Marche nocturne
de Alexandre Didier



Je marchais de nuit tranquillement dans la forêt avec mon chien, un beau carlin d'environ 10kg. J'ajustais ma marche sur sa vitesse. On filait à travers les sentiers à bonne allure. Il y avait une senteur agréable dans l'air, un parfum de forêt de début de printemps. Tout était verre autour de moi, un verre sombre car il n'y avait pas de lune. J'éprouvais une sensation de bien être. C'est un sentiment qu'on éprouve au bout d'un moment à force de marcher. J'avais au fond de moi une petite angoisse de paranoïa qui me perturbait. Marcher tout seul de nuit dans une immense forêt ça ne rassure pas. Dans ma tête mes idées obsessionnelles s'étaient un peu estompées. Elle me tiraillait moins et ne m'écartelait plus l'esprit. Mon chien tirait sur sa laisse, il allait d'une odeur à l'autre toujours à la recherche de l'odeur ultime. De temps en temps il faisait le grand écart pour satisfaire ses petits besoins. Il reniflait bruyamment car les carlins possèdent une truffe écrasée. Je remontais un sentier dont le sol était composé de sable. J'avais un peu de mal à marcher, mes pieds s'enfonçaient un peu dans le sol. Il faisait légèrement froid. En marchant je ressentit une sensation bizarre comme si j'étais passé à travers quelque chose, une sorte de brume mais en plus légère, plus compacte. Mon chien semblait nerveux, il aboyait. Je ne prêtait que peu d'attention et continuais ma promenade. J'arrivais sous un grand chêne qui rendait l'endroit encore plus sombre. A 2m de moi j'aperçu la même brume que j'avais traversé 5minute auparavant. Je passais à travers avec cette fois ci l'impression d'y sentir une présence. Mon chien de nouveau se remit à aboyer. En m'éloignant je ressenti un parfum qui m'était familier. Je mis un peu de temps avant de réaliser qu'il s'agissait du parfum de mon père décédé deux ans auparavant. Je me retournais alors avec un pincement au coeur, une sorte d'angoisse envahissait tous mes membres. La brume s'était dissipée. Il n' y avait plus que de l'obscurité et le chêne imposant.

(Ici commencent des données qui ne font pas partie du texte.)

-- ===== src/Alert/Sources.antt =====
-- internal/alert/evaluator.go: tally, pruneQuietSources and firingSources, over the states that one
-- (target, alert) has by source.
use smokeping_go.Common.{
  ℕ, ◌+◌, Bool, true, false, not, ◌&&◌, ◌||◌, List, [], ◌∷◌, if◌then◌else◌, Str, str_eq, str_beq,
}
use smokeping_go.Common.Map
use smokeping_go.Common.Sort.{sort_by, itself}
use smokeping_go.Alert.Window.{older, alert_identity_retention}
use smokeping_go.Alert.State.{ok, firing, state_beq, AlertState}

abbrev pub Sources : Type 0
Sources = List (Str × AlertState)

-- What tally does to a stale source: `none` is a deletion.
unfoldable pub expire : AlertState → ℕ → AlertState × Bool
expire st now =
    if older alert_identity_retention now st.last_cycle
    then (st, false)
    else (record st { state = ok; consec_hits = 0 }, true)

pub record Tally : Type 0 where
  pub sources : Sources
  pub firing_count : ℕ
  pub live_count : ℕ

unfoldable pub tally : Sources → ℕ → ℕ → Tally
unfolding expire
tally [] now window = record { sources = []; firing_count = 0; live_count = 0 }
tally ((src, st) ∷ rest) now window =
    let t = tally rest now window in
    if older window now st.last_seen
    then (let (st', kept) = expire st now in
        record t { sources = if kept then (src, st') ∷ t.sources else t.sources })
    else record {
      sources = (src, st) ∷ t.sources;
      firing_count = if state_beq st.state firing then t.firing_count + 1 else t.firing_count;
      live_count = t.live_count + 1;
    }

abbrev pub worth_keeping : ℕ → ℕ → AlertState → Bool
worth_keeping now window st =
    if not (older window now st.last_seen)
    then true
    else state_beq st.state firing || not (older alert_identity_retention now st.last_cycle)

unfoldable pub prune_quiet_sources : Sources → ℕ → ℕ → Sources
prune_quiet_sources sources now window = Map.retain (λ src st. worth_keeping now window st) sources

abbrev pub is_firing_now : ℕ → ℕ → Str → AlertState → Bool
is_firing_now now window src st =
    not (str_beq src []) && (state_beq st.state firing && not (older window now st.last_seen))

unfoldable pub firing_names : Sources → ℕ → ℕ → List Str
firing_names [] now window = []
firing_names ((src, st) ∷ rest) now window =
    if is_firing_now now window src st
    then src ∷ firing_names rest now window
    else firing_names rest now window

unfoldable pub firing_sources : Sources → ℕ → ℕ → List Str
unfolding firing_names
firing_sources sources now window = sort_by itself (firing_names sources now window)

Je restais sur place à scruter les ténèbres, tentant d'apercevoir quelque chose. L'angoisse retombait peu à peu. Je regardais autour de moi et j'aperçu à côté du chêne un par terre de violettes. Je compris alors d'où venait le parfum. Je me demandais si cette manifestation nocturne n'était pas un signe. Mon esprit légèrement bouleversé je fini ma promenade sans aucune autre anomalie.